» **Assignment**:
Your answer is the lines below, exactly, from the one that contains "pub data CharClass : Type 0 where" through the one that contains "at the end.", both included.

**** Dataset records

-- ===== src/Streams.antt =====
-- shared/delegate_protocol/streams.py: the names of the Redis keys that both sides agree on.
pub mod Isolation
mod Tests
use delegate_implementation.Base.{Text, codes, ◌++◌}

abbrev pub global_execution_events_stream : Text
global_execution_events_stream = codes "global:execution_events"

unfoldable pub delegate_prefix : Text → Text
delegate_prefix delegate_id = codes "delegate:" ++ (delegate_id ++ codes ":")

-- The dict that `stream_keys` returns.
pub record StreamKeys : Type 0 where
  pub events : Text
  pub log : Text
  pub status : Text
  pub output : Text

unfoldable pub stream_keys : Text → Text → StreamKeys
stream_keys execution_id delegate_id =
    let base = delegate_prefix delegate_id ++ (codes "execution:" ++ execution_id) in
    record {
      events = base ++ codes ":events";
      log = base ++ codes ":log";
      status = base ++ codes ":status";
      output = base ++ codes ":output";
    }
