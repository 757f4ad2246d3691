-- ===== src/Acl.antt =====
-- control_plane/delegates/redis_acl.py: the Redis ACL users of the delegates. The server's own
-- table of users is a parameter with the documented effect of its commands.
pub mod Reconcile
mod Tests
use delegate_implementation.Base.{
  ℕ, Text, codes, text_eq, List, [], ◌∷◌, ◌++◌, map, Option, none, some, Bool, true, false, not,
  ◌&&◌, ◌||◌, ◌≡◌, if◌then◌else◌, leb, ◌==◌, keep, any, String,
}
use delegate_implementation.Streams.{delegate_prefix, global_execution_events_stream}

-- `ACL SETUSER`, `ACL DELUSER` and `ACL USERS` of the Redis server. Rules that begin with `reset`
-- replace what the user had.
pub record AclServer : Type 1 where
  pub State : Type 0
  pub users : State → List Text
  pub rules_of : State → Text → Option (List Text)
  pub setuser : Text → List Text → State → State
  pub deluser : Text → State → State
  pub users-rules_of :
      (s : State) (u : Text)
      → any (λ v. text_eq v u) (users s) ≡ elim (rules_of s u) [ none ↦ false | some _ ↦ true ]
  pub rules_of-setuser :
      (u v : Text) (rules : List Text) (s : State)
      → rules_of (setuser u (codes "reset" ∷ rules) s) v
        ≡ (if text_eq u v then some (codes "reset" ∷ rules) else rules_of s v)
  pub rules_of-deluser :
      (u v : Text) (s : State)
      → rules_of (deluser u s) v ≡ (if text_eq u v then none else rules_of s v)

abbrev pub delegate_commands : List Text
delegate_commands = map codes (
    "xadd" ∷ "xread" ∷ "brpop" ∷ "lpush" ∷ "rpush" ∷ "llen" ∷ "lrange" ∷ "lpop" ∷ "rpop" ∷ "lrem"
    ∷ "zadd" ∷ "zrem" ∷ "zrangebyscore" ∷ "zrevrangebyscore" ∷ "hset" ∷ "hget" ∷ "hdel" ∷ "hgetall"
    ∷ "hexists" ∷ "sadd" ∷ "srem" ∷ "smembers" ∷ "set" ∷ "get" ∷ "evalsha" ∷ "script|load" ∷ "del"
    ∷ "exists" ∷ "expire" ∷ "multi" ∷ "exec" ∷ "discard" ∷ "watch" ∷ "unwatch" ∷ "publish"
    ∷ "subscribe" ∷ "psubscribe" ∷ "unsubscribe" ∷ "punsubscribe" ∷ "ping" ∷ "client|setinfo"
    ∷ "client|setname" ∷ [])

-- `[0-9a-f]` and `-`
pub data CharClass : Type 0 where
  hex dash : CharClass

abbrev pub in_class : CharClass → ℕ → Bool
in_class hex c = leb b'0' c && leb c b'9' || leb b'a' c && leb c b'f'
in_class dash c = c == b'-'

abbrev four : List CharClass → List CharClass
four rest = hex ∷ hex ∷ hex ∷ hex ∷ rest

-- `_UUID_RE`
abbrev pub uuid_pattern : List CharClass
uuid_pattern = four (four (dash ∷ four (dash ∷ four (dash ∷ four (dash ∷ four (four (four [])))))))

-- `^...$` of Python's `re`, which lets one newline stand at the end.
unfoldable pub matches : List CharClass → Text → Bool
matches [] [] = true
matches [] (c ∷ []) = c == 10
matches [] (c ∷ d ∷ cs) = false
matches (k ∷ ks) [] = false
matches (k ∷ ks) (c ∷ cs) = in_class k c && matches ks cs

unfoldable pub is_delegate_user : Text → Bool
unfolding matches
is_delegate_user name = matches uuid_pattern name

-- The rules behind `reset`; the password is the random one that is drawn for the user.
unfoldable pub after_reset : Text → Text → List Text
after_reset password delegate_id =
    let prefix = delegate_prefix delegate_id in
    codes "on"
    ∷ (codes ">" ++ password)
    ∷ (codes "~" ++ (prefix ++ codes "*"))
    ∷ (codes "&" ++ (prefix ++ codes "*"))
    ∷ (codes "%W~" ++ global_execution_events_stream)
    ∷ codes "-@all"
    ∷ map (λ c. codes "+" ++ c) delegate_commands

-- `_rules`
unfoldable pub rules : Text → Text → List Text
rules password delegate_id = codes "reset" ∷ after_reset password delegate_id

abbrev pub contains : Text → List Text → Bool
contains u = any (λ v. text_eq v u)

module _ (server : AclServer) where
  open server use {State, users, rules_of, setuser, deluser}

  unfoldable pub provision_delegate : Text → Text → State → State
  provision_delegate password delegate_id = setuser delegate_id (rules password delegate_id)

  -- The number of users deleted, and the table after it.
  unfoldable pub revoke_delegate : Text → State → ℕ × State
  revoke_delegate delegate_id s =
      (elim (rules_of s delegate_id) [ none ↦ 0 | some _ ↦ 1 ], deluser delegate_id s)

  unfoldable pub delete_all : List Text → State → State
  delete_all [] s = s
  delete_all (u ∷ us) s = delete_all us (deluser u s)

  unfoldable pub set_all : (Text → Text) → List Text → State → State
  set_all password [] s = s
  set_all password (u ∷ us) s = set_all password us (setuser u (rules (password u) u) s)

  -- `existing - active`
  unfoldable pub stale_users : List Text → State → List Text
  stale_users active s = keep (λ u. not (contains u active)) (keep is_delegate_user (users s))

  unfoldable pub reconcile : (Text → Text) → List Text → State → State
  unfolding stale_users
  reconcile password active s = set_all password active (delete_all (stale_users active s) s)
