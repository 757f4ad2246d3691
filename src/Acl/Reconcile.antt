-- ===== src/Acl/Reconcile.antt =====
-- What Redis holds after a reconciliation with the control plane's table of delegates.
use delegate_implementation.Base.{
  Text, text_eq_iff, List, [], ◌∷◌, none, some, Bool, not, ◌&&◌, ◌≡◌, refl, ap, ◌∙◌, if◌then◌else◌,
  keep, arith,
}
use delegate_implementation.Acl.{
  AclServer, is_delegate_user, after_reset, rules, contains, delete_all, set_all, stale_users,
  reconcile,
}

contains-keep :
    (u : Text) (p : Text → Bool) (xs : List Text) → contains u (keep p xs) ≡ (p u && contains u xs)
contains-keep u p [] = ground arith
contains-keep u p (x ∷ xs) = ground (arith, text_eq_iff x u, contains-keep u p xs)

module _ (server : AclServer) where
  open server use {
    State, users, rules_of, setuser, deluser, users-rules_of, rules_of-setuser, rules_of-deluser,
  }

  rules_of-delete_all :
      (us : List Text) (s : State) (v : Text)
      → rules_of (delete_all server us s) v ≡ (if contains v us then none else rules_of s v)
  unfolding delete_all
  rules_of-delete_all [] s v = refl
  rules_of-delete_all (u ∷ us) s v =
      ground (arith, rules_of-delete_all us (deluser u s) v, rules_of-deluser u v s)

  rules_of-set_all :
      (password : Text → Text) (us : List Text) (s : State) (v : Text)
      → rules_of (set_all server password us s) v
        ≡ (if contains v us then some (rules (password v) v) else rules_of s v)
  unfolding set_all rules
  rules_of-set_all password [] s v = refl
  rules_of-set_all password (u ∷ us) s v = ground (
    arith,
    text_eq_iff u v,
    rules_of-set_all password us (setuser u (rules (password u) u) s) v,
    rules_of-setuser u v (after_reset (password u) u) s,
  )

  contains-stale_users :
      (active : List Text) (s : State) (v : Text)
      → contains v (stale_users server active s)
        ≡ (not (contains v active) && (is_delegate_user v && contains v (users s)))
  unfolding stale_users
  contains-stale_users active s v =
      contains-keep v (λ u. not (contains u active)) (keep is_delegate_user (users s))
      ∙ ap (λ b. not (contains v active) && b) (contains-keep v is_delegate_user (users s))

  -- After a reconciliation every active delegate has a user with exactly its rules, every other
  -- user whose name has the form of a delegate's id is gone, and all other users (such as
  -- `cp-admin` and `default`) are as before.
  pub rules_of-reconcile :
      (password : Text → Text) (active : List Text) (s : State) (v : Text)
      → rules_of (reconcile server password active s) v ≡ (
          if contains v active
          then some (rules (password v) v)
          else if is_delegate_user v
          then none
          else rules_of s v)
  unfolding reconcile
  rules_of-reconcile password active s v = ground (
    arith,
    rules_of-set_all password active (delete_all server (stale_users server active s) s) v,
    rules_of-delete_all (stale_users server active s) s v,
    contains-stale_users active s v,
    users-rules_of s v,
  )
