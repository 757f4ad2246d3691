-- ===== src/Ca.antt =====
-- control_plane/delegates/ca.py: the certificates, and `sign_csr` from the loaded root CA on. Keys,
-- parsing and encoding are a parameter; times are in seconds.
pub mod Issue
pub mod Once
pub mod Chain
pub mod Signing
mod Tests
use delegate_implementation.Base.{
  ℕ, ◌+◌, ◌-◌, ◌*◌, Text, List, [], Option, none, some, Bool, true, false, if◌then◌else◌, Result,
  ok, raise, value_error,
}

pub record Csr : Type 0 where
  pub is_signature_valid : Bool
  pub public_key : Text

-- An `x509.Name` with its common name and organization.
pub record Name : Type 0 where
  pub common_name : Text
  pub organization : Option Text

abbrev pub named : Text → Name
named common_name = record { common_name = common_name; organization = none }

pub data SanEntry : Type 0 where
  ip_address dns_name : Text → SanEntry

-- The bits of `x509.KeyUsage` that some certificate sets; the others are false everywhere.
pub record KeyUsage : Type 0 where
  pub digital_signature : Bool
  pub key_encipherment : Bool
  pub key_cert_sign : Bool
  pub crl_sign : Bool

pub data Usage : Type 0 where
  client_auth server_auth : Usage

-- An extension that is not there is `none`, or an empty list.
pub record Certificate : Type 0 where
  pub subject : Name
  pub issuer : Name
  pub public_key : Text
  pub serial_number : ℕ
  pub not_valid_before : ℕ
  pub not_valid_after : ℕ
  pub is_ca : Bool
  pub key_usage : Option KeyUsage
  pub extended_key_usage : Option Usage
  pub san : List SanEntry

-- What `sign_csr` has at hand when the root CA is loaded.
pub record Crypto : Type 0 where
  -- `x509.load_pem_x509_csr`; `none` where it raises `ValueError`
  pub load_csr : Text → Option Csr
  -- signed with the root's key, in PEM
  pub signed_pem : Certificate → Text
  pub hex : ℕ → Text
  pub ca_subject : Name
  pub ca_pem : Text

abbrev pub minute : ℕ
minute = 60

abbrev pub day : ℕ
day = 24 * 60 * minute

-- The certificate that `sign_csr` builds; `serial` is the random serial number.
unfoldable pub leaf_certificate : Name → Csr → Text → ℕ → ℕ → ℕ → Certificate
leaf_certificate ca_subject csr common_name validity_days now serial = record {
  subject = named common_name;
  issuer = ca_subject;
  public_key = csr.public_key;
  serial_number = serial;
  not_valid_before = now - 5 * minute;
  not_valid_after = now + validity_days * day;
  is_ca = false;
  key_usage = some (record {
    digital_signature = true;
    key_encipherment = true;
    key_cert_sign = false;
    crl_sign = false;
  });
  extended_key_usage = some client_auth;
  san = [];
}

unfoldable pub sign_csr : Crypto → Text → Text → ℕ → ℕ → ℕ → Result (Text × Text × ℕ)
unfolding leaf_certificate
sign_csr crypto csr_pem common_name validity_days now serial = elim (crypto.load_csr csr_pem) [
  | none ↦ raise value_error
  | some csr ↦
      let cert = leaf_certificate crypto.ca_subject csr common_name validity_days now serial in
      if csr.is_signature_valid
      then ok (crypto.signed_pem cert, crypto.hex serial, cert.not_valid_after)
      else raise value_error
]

********
**** Dataset records

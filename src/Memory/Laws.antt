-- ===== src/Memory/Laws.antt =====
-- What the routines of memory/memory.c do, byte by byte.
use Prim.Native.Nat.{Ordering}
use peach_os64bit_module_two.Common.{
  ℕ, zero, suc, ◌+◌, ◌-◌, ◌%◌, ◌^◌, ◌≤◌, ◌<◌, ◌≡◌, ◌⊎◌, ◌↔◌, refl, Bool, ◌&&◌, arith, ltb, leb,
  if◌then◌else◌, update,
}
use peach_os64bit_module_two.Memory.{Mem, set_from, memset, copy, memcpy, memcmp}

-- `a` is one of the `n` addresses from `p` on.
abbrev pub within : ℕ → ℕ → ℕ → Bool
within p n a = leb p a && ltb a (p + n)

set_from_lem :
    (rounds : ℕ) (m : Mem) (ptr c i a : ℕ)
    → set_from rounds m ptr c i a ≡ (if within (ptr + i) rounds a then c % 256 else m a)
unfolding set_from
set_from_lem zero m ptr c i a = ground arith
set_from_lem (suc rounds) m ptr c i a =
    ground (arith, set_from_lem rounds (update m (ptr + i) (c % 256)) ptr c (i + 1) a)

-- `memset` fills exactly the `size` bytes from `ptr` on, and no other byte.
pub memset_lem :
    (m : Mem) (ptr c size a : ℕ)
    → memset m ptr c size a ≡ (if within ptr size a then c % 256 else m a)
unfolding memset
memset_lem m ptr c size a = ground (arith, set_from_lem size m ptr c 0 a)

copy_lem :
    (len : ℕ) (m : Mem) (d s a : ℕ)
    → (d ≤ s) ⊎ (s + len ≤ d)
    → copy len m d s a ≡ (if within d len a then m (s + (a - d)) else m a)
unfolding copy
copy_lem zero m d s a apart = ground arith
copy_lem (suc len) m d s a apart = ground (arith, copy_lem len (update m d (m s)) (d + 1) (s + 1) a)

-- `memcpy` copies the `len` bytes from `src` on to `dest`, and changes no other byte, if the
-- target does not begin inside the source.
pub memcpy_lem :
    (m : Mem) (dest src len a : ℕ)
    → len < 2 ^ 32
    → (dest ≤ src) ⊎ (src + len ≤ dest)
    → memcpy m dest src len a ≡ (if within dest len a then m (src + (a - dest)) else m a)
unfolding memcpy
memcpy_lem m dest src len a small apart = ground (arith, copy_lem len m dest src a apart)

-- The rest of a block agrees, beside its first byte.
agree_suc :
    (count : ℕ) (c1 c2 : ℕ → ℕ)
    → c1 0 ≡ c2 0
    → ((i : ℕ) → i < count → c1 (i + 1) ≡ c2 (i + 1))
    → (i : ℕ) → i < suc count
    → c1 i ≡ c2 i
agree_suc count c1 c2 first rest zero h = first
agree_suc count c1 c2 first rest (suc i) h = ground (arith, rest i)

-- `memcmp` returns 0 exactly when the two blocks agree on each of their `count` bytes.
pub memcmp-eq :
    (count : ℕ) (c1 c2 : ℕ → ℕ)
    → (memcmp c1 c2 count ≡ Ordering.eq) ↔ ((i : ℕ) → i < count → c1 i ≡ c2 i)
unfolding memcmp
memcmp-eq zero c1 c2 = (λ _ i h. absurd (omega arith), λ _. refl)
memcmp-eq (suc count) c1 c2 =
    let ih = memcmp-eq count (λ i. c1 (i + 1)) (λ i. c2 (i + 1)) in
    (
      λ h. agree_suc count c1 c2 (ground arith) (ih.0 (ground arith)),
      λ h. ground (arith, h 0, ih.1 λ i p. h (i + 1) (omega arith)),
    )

********

» **Solution to this problem**:
pub data CharClass : Type 0 where
  hex dash : CharClass

abbrev pub in_class : CharClass → ℕ → Bool
in_class hex c = leb b'0' c && leb c b'9' || leb b'a' c && leb c b'f'
in_class dash c = c == b'-'

abbrev four : List CharClass → List CharClass
four rest = hex ∷ hex ∷ hex ∷ hex ∷ rest

-- `_UUID_RE`
abbrev pub uuid_pattern : List CharClass
uuid_pattern = four (four (dash ∷ four (dash ∷ four (dash ∷ four (dash ∷ four (four (four [])))))))

-- `^...$` of Python's `re`, which lets one newline stand at the end.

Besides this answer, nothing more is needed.